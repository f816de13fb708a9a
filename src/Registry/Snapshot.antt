-- ===== src/Registry/Snapshot.antt =====
-- shared/RadioProtocol/src/RegistryPersistence.cpp: the snapshot of a registry. Its `crc32` is, line
-- for line, that of the gateway's other snapshots.
pub mod RoundTrip
use radio_sensors.Prelude.{
  ℕ, zero, suc, ◌+◌, ◌-◌, ◌*◌, ◌%◌, Bool, true, false, not, ◌&&◌, List, [], ◌∷◌, ◌++◌, Option, none,
  some, leb, ltb, ◌==◌, if◌then◌else◌, byte_at, Bytes, to_list, read_bytes, take, drop, length,
  and_then,
}
use radio_sensors.Prelude.Result.{Result, ok, err, ◌>>=◌, ◌>>◌, check, non_null}
use radio_sensors.Wire.{store, write_u16_le, write_u32_le, read_u16_le, read_u32_le}
use radio_sensors.Wire.JoinRequest.{device_uid_size}
use radio_sensors.Gateway.Snapshot.{crc32, magic_at}
use radio_sensors.Registry.{NodeRecord, NodeRegistry, max_nodes, blanks}
use radio_sensors.Registry.Name.{node_display_name_size}
use radio_sensors.Registry.Updates.{restore}

abbrev pub registry_storage_version : ℕ
registry_storage_version = 3

abbrev pub registry_header_size : ℕ
registry_header_size = 12

abbrev pub stored_node_record_size : ℕ
stored_node_record_size = 21 + 1 + node_display_name_size + 2

abbrev pub registry_crc_size : ℕ
registry_crc_size = 4

abbrev pub max_registry_snapshot_size : ℕ
max_registry_snapshot_size =
    registry_header_size + max_nodes * stored_node_record_size + registry_crc_size

pub data SnapshotError : Type 0 where
  output_too_small invalid_size invalid_magic unsupported_version : SnapshotError
  invalid_record_count crc_mismatch invalid_registry : SnapshotError

-- 'R' 'S' 'N' 'R'
abbrev pub registry_magic : Bytes 4
registry_magic = (82, (83, (78, (82, tt))))

abbrev pub node_bytes : NodeRecord → List ℕ
node_bytes r =
    to_list device_uid_size r.device_uid
    ++ (r.node_id
        ∷ (write_u16_le r.profile_id
            ++ (r.firmware.major
                ∷ r.firmware.minor
                ∷ r.firmware.patch
                ∷ r.state
                ∷ (write_u32_le r.request_nonce
                    ++ (r.display_name_length
                        ∷ (to_list node_display_name_size r.display_name
                            ++ (r.max_power_level ∷ r.power_policy ∷ [])))))))

unfoldable pub nodes_bytes : List NodeRecord → List ℕ
nodes_bytes [] = []
nodes_bytes (r ∷ rs) = node_bytes r ++ nodes_bytes rs

abbrev pub registry_bytes : NodeRegistry → ℕ → List ℕ
registry_bytes registry generation =
    to_list 4 registry_magic
    ++ (write_u16_le registry_storage_version
        ++ (write_u32_le generation
            ++ (length registry.live % 256 ∷ 0 ∷ nodes_bytes registry.live)))

-- The output, and the encoded size.
unfoldable pub encode_registry_snapshot :
    NodeRegistry → ℕ → Option (List ℕ) → ℕ → Result SnapshotError (List ℕ × ℕ)
encode_registry_snapshot registry generation output output_size = do
  let required =
      registry_header_size + length registry.live * stored_node_record_size + registry_crc_size
  buffer ← non_null output output_too_small
  check (leb required output_size) output_too_small
  ok (
    store
        (registry_bytes registry generation
          ++ write_u32_le (crc32 (registry_bytes registry generation)))
        buffer,
    required,
  )

abbrev pub node_of : List ℕ → NodeRecord
node_of stored = record {
  device_uid = read_bytes device_uid_size stored 0;
  node_id = byte_at stored 10;
  profile_id = read_u16_le stored 11;
  firmware = record {
    major = byte_at stored 13;
    minor = byte_at stored 14;
    patch = byte_at stored 15;
  };
  state = byte_at stored 16;
  request_nonce = read_u32_le stored 17;
  display_name_length = byte_at stored 21;
  display_name = read_bytes node_display_name_size stored 22;
  max_power_level = byte_at stored 70;
  power_policy = byte_at stored 71;
}

-- The loop over the records, with the bytes from the next one on; it stops at a length out of range.
unfoldable pub read_nodes : ℕ → List ℕ → Result SnapshotError (List NodeRecord)
read_nodes zero stored = ok []
read_nodes (suc n) stored = do
  check (leb (byte_at stored 21) node_display_name_size) invalid_registry
  rest ← read_nodes n (drop stored_node_record_size stored)
  ok (node_of stored ∷ rest)

-- The tests of the decoder, and the registry that is restored behind them.
unfoldable pub restored_from : List ℕ → ℕ → NodeRegistry → Result SnapshotError NodeRegistry
restored_from bytes size registry = do
  check (leb (registry_header_size + registry_crc_size) size) invalid_size
  check (magic_at registry_magic bytes) invalid_magic
  check (read_u16_le bytes 4 == registry_storage_version) unsupported_version
  let count = byte_at bytes 10
  check (leb count max_nodes) invalid_record_count
  check (size == registry_header_size + count * stored_node_record_size + registry_crc_size)
      invalid_size
  check
      (read_u32_le bytes (size - registry_crc_size)
        == crc32 (take (size - registry_crc_size) bytes))
      crc_mismatch
  records ← read_nodes count (drop registry_header_size bytes)
  let restored = restore registry (some (records ++ blanks (max_nodes - count))) count
  check restored.1 invalid_registry
  ok restored.0

-- The registry and the generation that a snapshot gives to a registry.
unfoldable pub decode_registry_snapshot :
    Option (List ℕ) → ℕ → NodeRegistry → Result SnapshotError (NodeRegistry × ℕ)
decode_registry_snapshot pointer size registry = do
  bytes ← non_null pointer invalid_size
  restored ← restored_from bytes size registry
  ok (restored, read_u32_le bytes 6)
==*==
> [Required work]
Which lines in the listing above hold the word "live"? Show each of them.

> [Result]
            ++ (length registry.live % 256 ∷ 0 ∷ nodes_bytes registry.live)))
      registry_header_size + length registry.live * stored_node_record_size + registry_crc_size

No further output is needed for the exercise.